We know more and more each year about the balance between these pivotal opposing forces. Most of the major things we can do to enhance metabolism and DHEA and decrease our exposure to cortisol are far out of line with typical healthy eating guidelines. With our diets, the major metabolism promoters and cortisol suppressors are what I call the “Anti-stress S’s.” They are, primarily…
3) Starch – Potatoes, yams, rice, oats, beans, and others
4) Saturated fat – Red meat, dairy products, coconut, chocolate
These are the de-stressing foods – the things you crave when you have gone too long without food, have done some hard exercise or overexerted yourself somehow, have been dieting, have experienced some kind of emotional turbulence, have been forcing yourself to drink tons of water and tea because some bonehead said it was good for you (that bonehead being everybody, more or less), or haven’t been sleeping enough. If you can’t remember these, at least remember to eat foods that you enjoy and crave. The lower the metabolism gets, the more important these foods become. Salt and sugar seem to be particularly potent, and exceptionally maligned by those with eating disorders (nutritionists, dieticians, internet health gurus). The opposite of eating foods you enjoy would be to do some hard dieting of some sort. Cut out the carbs or calories, do some vegan dieting or a cleanse – that will cleanse you all right – cleanse you of DHEA, sex hormones, strength, and an immune system. To name just a few of the downsides.
In terms of lifestyle, the factors that will give you the best youthful metabolic preservation are…
1) Sleep – the king of all destressors
2) Anything that decreases psychological/emotional stress – different for everyone and relative to what you find stressful and unstressful
3) Exercise – particularly strength training and speed training, but not too much, and not if you injure yourself doing it (although to get more exercise, all most people really need to do is decrease their total screen time in front of computers, tv’s, and smart phones to as close to ZERO as possible while still functioning in society)

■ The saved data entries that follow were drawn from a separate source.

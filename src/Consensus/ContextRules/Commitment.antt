-- ===== src/Consensus/ContextRules/Commitment.antt =====
-- What the witness commitment rule accepts.
use hornet.Common.{
  ◌≡◌, refl, sym, ap, ◌∙◌, ◌↔◌, ◌⊎◌, List, [], ◌∷◌, ◌++◌, length, drop, Option, none, some, true,
  false, not, ◌==◌, Bytes, starts_with, Bool-cases, inl, inr, arith,
}
use hornet.Protocol.Transaction.{Transaction, Output, Witness, is_witness}
use mathlib.Core.Option.{some-injective}
use mathlib.Core.Path.{subst}
use hornet.Protocol.Block.{Block}
use hornet.Consensus.Types.{Error, Result, success, error_if, found_iff}
use hornet.Consensus.Env.{Env}
use hornet.Consensus.Merkle.{MerkleRoot, compute_witness_merkle_root}
use hornet.Consensus.ContextRules.{
  BlockEnvironmentContext, check_no_witness, check_commitment, find_commitment,
  validate_witness_commitment, witness_commitment_bytes,
}

-- No transaction of the list carries witnesses.
abbrev pub NoWitness : List Transaction → Type 0
NoWitness [] = Unit {0}
NoWitness (tx ∷ txs) = (is_witness tx ≡ false) × NoWitness txs

NoWitness-iff : (txs : List Transaction) → (check_no_witness txs ≡ success) ↔ NoWitness txs
unfolding check_no_witness
NoWitness-iff [] = (λ _. tt, λ _. refl)
NoWitness-iff (tx ∷ txs) =
    let (sound, complete) = NoWitness-iff txs in
    (
      λ h. (ground arith, sound (ground arith)),
      λ h. let here = h.0 in let rest = complete h.1 in ground arith,
    )

-- The first witness is a salt of 32 bytes alone, and behind its first six bytes the script goes on
-- with the hash of the witness Merkle root and the salt.
abbrev pub Committed : Env → Block → List Witness → Bytes → Type 0
Committed env block ((salt ∷ []) ∷ witnesses) script =
    (length salt ≡ 32)
    × ((root : MerkleRoot) × (compute_witness_merkle_root env.double_sha256 block ≡ some root)
        × (starts_with (drop 6 script) (env.double_sha256 (root.hash ++ salt)) ≡ true))
Committed env block _ script = ⊥

commitment_iff :
    (env : Env) (block : Block) (witnesses : List Witness) (script : Bytes)
    → (check_commitment env block witnesses script ≡ success) ↔ Committed env block witnesses script
unfolding check_commitment
commitment_iff env block [] script = (λ h. cc, λ h. absurd h)
commitment_iff env block ([] ∷ witnesses) script = (λ h. cc, λ h. absurd h)
commitment_iff env block ((salt ∷ (more ∷ rest)) ∷ witnesses) script = (λ h. cc, λ h. absurd h)
commitment_iff env block ((salt ∷ []) ∷ witnesses) script =
    let (sound, complete) =
      found_iff
        {P = λ (root : MerkleRoot).
          starts_with (drop 6 script) (env.double_sha256 (root.hash ++ salt)) ≡ true}
        (compute_witness_merkle_root env.double_sha256 block)
        (λ root.
          error_if (not (starts_with (drop 6 script) (env.double_sha256 (root.hash ++ salt))))
            Error.structure_bad_witness_merkle)
        (λ root. (λ h. ground arith, λ h. ground arith)) in
    elim (Bool-cases (length salt == 32)) [
      | inl sized ↦
          (λ h. (ground (arith, sized), sound (rw sized at h)), λ h. rw sized (complete h.1))
      | inr other ↦
          (λ h. absurd (let e = rw other at h in cc), λ h. let size = h.0 in absurd (ground arith))
    ]

-- An output that starts with the commitment's bytes, and a list without one.
abbrev pub IsCommitment : Output → Type 0
IsCommitment output = starts_with output.pk_script witness_commitment_bytes ≡ true

abbrev pub NoCommitment : List Output → Type 0
NoCommitment [] = Unit {0}
NoCommitment (output ∷ outputs) =
    (starts_with output.pk_script witness_commitment_bytes ≡ false) × NoCommitment outputs

-- The output is a commitment of the list, and none stands behind it.
abbrev pub IsLastCommitment : List Output → Output → Type 0
IsLastCommitment outputs output =
    (before : List Output) × (after : List Output) × (outputs ≡ before ++ output ∷ after)
    × IsCommitment output
    × NoCommitment after

find_commitment-NoCommitment :
    (outputs : List Output) → NoCommitment outputs → find_commitment outputs ≡ none
unfolding find_commitment
find_commitment-NoCommitment [] h = refl
find_commitment-NoCommitment (output ∷ outputs) h =
    rw (find_commitment-NoCommitment outputs h.1, h.0) refl

find_commitment-append :
    (before after : List Output) (output : Output)
    → IsCommitment output
    → NoCommitment after
    → find_commitment (before ++ output ∷ after) ≡ some output.pk_script
unfolding find_commitment
find_commitment-append [] after output here h = rw (find_commitment-NoCommitment after h, here) refl
find_commitment-append (first ∷ before) after output here h =
    rw (find_commitment-append before after output here h) refl

find_commitment-IsLastCommitment :
    (outputs : List Output) (output : Output)
    → IsLastCommitment outputs output
    → find_commitment outputs ≡ some output.pk_script
find_commitment-IsLastCommitment outputs output h =
    ap find_commitment h.2 ∙ find_commitment-append h.0 h.1 output h.3 h.4

-- Every list has a last commitment or none.
last_commitment :
    (outputs : List Output)
    → NoCommitment outputs ⊎ ((output : Output) × IsLastCommitment outputs output)
last_commitment [] = inl tt
last_commitment (output ∷ outputs) = elim (last_commitment outputs) [
  | inr later ↦
      let last = later.1 in
      inr (later.0, (output ∷ last.0, last.1, ap (◌∷◌ output) last.2, last.3, last.4))
  | inl without ↦ elim (Bool-cases (starts_with output.pk_script witness_commitment_bytes)) [
    | inl here ↦ inr (output, ([], outputs, refl, here, without))
    | inr other ↦ inl (other, without)
  ]
]

module _ (env : Env) (c : BlockEnvironmentContext) where
  -- No output is a commitment and no transaction carries witnesses, or an output is one, none stands
  -- behind it, and it commits to the witness Merkle root and to the salt.
  abbrev pub IsWitnessCommitted : Transaction → Type 0
  IsWitnessCommitted coinbase =
      (NoCommitment coinbase.outputs × NoWitness c.block.transactions)
      ⊎ ((output : Output) × IsLastCommitment coinbase.outputs output
          × Committed env c.block coinbase.witnesses output.pk_script)

  by_outputs :
      (coinbase : Transaction)
      → (elim (find_commitment coinbase.outputs) as (λ _. Result) [
        | some script ↦ check_commitment env c.block coinbase.witnesses script
        | none ↦ check_no_witness c.block.transactions
      ]
          ≡ success)
        ↔ IsWitnessCommitted coinbase
  by_outputs coinbase = elim (last_commitment coinbase.outputs) [
    | inl without ↦
        let found = find_commitment-NoCommitment coinbase.outputs without in
        let (sound, complete) = NoWitness-iff c.block.transactions in
        (
          λ h. inl (without, sound (rw found at h)),
          λ h. elim h [
            | inl (w, none_carried) ↦ rw found (complete none_carried)
            | inr (output, last, committed) ↦
                absurd (clash found (find_commitment-IsLastCommitment coinbase.outputs output last))
          ],
        )
    | inr (output, last) ↦
        let found = find_commitment-IsLastCommitment coinbase.outputs output last in
        let (sound, complete) = commitment_iff env c.block coinbase.witnesses output.pk_script in
        (
          λ h. inr (output, last, sound (rw found at h)),
          λ h. elim h [
            | inl (w, none_carried) ↦
                absurd (clash (find_commitment-NoCommitment coinbase.outputs w) found)
            | inr (other, last', committed) ↦
                let found' = find_commitment-IsLastCommitment coinbase.outputs other last' in
                rw found (
                  complete (
                    subst (Committed env c.block coinbase.witnesses)
                      (some-injective _ _ (sym found' ∙ found)) committed))
          ],
        )
  ]
    where
      clash : {found : Option Bytes} {script : Bytes} → found ≡ none → found ≡ some script → ⊥
      clash n s = absurd (cc)

  -- The witness commitment rule accepts a block with transactions exactly when no output of its first
  -- transaction starts with the commitment's bytes and no transaction carries witnesses, or the last
  -- output that does commits to the witness Merkle root and to the salt in the first transaction's
  -- first witness.
  pub validate_witness_commitment_iff :
      (coinbase : Transaction) (rest : List Transaction)
      → c.block.transactions ≡ coinbase ∷ rest
      → (validate_witness_commitment env c ≡ success) ↔ IsWitnessCommitted coinbase
  unfolding validate_witness_commitment
  validate_witness_commitment_iff coinbase rest e =
      subst
        (λ (txs : List Transaction).
          (elim txs as (λ _. Result) [
            | [] ↦ success
            | first ∷ later ↦ elim (find_commitment first.outputs) as (λ _. Result) [
              | some script ↦ check_commitment env c.block first.witnesses script
              | none ↦ check_no_witness c.block.transactions
            ]
          ]
            ≡ success)
          ↔ IsWitnessCommitted coinbase)
        (sym e) (by_outputs coinbase)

Simple I know. Or you could get wrapped up in a bunch of minutiae and supplement propaganda and advanced training strategies and other magic wands and potions and get nowhere (unless you call reading health websites in your spare time somewhere). Sorry, but the keys to good health aren’t New and Improved or residing in some traditional custom in an undiscovered Himalayan village somewhere. They are simple, and very basic. And they go with the flow of what our bodies actually seek, not against it. Or as I say, “The Health Gods are much kinder than I ever expected.”